§ **Work to complete**
For the entries that follow, restate word for word the line containing "(collect (suback_options p))", the line containing "abbrev pub unsubscribe_types", and every line that lies between them.

§ **Records shown**
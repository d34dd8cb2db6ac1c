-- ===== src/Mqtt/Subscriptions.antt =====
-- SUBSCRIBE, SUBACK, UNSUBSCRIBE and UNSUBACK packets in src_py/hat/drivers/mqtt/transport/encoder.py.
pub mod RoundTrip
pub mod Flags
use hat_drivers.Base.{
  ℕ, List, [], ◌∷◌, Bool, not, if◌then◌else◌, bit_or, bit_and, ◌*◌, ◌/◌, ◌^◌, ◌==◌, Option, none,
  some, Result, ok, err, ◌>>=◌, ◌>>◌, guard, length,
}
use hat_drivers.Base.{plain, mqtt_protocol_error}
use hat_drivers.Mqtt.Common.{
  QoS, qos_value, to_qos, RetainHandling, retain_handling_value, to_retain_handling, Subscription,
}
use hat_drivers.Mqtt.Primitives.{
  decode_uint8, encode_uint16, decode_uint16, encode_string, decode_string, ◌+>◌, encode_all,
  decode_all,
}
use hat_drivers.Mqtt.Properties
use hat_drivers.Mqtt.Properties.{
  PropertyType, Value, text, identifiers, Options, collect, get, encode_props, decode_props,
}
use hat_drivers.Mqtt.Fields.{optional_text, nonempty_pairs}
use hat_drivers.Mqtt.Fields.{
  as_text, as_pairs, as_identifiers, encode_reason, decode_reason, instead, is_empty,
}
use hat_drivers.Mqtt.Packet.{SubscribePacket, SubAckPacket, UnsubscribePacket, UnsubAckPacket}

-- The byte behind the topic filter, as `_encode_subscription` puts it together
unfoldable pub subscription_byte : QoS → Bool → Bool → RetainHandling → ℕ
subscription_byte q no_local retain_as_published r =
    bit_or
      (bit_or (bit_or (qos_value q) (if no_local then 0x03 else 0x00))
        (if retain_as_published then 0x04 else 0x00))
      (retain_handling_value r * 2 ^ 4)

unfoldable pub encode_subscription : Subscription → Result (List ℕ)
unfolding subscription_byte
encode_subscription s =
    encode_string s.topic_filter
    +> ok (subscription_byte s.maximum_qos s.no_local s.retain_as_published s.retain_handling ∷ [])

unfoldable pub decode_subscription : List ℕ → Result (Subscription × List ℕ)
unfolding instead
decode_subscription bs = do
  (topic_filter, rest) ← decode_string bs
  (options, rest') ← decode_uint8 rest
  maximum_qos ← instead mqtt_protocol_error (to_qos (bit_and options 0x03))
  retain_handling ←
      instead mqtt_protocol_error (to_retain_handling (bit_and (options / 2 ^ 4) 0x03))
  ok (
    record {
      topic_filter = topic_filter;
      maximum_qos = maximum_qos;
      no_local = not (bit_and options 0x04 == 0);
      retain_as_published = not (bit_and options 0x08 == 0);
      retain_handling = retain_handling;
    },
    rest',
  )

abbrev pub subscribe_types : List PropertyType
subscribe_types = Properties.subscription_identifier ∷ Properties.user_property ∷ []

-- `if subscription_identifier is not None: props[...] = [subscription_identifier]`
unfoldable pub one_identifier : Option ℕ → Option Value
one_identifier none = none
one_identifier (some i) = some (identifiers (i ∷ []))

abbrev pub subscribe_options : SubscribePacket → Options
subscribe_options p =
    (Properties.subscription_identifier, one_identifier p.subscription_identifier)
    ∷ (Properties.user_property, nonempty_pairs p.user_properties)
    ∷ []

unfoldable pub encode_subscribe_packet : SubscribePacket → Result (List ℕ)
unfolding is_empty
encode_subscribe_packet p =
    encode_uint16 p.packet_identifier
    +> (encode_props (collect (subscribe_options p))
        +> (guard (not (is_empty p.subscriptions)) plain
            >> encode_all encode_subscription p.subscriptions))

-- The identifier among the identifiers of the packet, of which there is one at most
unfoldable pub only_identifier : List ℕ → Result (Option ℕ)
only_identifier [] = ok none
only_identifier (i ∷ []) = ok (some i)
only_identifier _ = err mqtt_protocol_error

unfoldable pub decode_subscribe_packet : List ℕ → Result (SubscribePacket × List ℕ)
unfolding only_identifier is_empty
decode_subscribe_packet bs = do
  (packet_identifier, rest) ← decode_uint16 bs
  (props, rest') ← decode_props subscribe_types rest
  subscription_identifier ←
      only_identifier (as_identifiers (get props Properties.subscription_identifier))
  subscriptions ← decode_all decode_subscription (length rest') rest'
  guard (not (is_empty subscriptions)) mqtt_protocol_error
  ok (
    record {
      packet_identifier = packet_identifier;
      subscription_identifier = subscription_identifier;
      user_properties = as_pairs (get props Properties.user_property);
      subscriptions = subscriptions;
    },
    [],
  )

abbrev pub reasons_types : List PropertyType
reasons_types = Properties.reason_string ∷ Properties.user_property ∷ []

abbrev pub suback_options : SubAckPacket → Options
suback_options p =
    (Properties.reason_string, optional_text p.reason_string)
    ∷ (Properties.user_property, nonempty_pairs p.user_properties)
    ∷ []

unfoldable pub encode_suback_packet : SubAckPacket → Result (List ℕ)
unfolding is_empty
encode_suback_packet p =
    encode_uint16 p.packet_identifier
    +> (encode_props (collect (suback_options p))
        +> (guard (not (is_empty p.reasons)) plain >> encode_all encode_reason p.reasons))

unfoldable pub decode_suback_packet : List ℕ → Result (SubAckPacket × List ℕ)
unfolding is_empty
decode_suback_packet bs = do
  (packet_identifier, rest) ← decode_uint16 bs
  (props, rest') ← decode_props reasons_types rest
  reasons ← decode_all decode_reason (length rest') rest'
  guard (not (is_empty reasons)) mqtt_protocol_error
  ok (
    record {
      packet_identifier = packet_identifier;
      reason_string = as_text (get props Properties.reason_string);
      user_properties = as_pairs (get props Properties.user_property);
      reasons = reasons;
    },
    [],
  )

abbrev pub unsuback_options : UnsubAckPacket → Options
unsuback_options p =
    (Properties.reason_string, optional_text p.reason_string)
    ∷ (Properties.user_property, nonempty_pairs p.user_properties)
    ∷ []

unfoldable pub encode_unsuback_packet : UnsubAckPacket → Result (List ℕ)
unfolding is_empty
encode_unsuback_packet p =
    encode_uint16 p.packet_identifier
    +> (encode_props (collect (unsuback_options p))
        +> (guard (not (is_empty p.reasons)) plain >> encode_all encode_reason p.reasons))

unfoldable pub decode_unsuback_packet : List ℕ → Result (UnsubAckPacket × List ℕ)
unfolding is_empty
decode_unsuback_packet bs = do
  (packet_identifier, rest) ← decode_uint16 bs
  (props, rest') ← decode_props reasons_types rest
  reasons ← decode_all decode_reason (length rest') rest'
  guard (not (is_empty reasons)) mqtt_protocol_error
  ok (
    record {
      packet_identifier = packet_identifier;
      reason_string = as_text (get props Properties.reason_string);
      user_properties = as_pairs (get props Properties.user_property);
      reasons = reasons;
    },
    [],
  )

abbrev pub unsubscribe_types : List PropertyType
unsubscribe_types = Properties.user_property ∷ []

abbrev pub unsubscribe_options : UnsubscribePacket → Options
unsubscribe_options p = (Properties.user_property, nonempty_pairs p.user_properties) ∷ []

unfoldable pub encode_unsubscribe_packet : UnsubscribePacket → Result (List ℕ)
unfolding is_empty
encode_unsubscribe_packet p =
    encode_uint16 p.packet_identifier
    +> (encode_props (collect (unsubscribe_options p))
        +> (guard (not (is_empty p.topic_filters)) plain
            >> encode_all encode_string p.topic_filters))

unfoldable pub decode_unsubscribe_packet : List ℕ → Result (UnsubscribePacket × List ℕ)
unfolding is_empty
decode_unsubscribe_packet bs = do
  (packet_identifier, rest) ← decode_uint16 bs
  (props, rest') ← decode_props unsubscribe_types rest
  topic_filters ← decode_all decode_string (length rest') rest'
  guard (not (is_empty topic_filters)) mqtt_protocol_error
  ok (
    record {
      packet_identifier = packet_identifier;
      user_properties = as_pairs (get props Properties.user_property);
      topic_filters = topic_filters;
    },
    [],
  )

...

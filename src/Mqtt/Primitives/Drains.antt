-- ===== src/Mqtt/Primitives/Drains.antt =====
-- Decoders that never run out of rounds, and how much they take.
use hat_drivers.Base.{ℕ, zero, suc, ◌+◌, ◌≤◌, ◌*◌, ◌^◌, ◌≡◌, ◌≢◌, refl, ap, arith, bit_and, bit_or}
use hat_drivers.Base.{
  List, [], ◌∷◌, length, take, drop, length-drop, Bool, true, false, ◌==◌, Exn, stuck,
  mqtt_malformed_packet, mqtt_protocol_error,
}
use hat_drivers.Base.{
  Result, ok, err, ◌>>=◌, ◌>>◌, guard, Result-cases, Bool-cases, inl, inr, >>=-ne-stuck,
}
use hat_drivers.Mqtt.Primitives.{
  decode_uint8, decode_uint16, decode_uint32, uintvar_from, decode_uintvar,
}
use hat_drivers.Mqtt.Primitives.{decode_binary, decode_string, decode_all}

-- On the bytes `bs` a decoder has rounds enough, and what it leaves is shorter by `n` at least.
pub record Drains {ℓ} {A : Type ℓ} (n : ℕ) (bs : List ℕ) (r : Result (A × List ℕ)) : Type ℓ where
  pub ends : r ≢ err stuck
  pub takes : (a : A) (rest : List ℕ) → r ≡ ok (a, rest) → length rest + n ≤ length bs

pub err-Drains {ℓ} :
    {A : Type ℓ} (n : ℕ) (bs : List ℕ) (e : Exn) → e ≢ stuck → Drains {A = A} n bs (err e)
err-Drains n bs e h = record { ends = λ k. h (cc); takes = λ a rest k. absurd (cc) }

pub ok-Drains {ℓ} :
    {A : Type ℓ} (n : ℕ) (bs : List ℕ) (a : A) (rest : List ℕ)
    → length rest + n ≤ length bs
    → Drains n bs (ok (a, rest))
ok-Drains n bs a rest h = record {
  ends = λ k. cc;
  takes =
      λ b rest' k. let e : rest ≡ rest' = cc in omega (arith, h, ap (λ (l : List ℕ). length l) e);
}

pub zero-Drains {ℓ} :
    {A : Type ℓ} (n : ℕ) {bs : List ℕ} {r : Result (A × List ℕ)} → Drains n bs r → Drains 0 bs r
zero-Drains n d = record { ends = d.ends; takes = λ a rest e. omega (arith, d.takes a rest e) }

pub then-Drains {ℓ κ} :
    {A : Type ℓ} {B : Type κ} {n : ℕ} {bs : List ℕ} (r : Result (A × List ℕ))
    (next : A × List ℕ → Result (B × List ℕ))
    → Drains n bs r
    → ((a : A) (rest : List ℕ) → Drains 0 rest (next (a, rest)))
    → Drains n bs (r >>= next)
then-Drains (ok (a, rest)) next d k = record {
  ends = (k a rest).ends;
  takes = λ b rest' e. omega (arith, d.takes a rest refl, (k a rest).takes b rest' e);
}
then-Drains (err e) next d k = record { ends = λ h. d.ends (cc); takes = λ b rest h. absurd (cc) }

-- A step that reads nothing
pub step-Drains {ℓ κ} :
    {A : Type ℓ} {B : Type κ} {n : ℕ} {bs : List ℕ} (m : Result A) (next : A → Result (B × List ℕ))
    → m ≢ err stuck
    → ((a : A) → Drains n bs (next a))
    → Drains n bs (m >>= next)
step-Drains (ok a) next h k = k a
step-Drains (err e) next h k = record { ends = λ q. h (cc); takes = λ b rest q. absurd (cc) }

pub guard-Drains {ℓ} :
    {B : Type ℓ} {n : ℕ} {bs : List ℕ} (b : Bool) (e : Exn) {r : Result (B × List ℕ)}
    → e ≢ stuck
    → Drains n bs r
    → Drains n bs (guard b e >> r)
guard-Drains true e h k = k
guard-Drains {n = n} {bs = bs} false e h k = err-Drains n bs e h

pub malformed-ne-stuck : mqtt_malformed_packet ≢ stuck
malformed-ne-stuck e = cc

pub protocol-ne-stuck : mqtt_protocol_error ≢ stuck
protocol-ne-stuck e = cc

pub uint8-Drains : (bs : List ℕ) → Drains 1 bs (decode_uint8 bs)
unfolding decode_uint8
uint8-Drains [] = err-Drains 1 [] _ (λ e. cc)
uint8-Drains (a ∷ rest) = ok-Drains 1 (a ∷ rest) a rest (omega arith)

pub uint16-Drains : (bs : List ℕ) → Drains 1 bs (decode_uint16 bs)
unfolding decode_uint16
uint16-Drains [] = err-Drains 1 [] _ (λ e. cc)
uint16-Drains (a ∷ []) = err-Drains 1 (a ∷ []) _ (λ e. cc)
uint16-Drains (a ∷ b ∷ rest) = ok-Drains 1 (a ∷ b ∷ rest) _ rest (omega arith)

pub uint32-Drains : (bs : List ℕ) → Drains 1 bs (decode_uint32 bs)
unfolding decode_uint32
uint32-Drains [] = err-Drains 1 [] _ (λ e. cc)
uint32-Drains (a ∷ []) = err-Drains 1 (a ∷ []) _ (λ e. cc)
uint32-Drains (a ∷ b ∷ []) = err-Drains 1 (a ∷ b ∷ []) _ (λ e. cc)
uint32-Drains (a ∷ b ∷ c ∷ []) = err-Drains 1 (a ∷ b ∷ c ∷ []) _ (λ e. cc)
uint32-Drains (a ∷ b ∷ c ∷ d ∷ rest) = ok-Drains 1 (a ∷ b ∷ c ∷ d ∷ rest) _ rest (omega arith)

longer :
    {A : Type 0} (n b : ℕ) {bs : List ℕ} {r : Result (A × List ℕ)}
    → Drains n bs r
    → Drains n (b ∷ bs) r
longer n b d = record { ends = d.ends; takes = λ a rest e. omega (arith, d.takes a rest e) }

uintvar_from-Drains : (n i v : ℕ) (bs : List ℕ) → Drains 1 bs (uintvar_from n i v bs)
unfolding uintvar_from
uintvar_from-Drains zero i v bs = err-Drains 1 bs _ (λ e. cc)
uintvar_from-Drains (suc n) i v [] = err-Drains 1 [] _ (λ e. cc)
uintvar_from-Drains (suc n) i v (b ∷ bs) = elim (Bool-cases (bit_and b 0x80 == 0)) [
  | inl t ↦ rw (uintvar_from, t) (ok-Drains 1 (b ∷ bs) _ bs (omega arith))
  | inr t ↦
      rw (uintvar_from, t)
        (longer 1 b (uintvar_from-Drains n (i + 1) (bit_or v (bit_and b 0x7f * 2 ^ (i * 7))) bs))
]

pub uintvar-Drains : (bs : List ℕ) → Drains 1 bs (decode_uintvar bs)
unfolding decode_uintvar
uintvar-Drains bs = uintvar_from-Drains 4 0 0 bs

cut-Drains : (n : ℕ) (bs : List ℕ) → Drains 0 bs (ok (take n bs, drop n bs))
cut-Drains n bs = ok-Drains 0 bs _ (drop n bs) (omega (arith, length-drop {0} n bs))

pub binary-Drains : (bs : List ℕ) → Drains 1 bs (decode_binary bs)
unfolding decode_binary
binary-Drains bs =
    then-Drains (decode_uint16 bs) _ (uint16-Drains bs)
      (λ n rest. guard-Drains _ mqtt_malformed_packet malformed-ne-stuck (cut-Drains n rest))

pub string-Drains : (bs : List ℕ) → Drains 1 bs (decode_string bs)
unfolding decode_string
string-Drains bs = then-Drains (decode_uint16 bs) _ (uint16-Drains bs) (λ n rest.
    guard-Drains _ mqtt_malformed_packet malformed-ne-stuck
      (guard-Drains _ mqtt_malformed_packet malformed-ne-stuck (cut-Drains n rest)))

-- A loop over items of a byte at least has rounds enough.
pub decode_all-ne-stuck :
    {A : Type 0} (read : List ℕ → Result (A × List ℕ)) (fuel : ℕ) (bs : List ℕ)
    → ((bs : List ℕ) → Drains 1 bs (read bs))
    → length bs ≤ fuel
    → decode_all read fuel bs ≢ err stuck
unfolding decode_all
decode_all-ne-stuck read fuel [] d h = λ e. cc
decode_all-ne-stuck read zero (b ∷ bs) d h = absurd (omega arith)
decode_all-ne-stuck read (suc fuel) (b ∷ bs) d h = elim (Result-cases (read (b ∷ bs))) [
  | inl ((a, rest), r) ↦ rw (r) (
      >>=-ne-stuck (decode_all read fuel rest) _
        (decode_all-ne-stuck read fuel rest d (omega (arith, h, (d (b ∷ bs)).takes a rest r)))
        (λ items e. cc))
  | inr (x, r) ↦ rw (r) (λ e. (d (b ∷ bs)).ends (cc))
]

§ **Solution to this problem**
    +> (encode_props (collect (suback_options p))
        +> (guard (not (is_empty p.reasons)) plain >> encode_all encode_reason p.reasons))

unfoldable pub decode_suback_packet : List ℕ → Result (SubAckPacket × List ℕ)
unfolding is_empty
decode_suback_packet bs = do
  (packet_identifier, rest) ← decode_uint16 bs
  (props, rest') ← decode_props reasons_types rest
  reasons ← decode_all decode_reason (length rest') rest'
  guard (not (is_empty reasons)) mqtt_protocol_error
  ok (
    record {
      packet_identifier = packet_identifier;
      reason_string = as_text (get props Properties.reason_string);
      user_properties = as_pairs (get props Properties.user_property);
      reasons = reasons;
    },
    [],
  )

abbrev pub unsuback_options : UnsubAckPacket → Options
unsuback_options p =
    (Properties.reason_string, optional_text p.reason_string)
    ∷ (Properties.user_property, nonempty_pairs p.user_properties)
    ∷ []

unfoldable pub encode_unsuback_packet : UnsubAckPacket → Result (List ℕ)
unfolding is_empty
encode_unsuback_packet p =
    encode_uint16 p.packet_identifier
    +> (encode_props (collect (unsuback_options p))
        +> (guard (not (is_empty p.reasons)) plain >> encode_all encode_reason p.reasons))

unfoldable pub decode_unsuback_packet : List ℕ → Result (UnsubAckPacket × List ℕ)
unfolding is_empty
decode_unsuback_packet bs = do
  (packet_identifier, rest) ← decode_uint16 bs
  (props, rest') ← decode_props reasons_types rest
  reasons ← decode_all decode_reason (length rest') rest'
  guard (not (is_empty reasons)) mqtt_protocol_error
  ok (
    record {
      packet_identifier = packet_identifier;
      reason_string = as_text (get props Properties.reason_string);
      user_properties = as_pairs (get props Properties.user_property);
      reasons = reasons;
    },
    [],
  )

abbrev pub unsubscribe_types : List PropertyType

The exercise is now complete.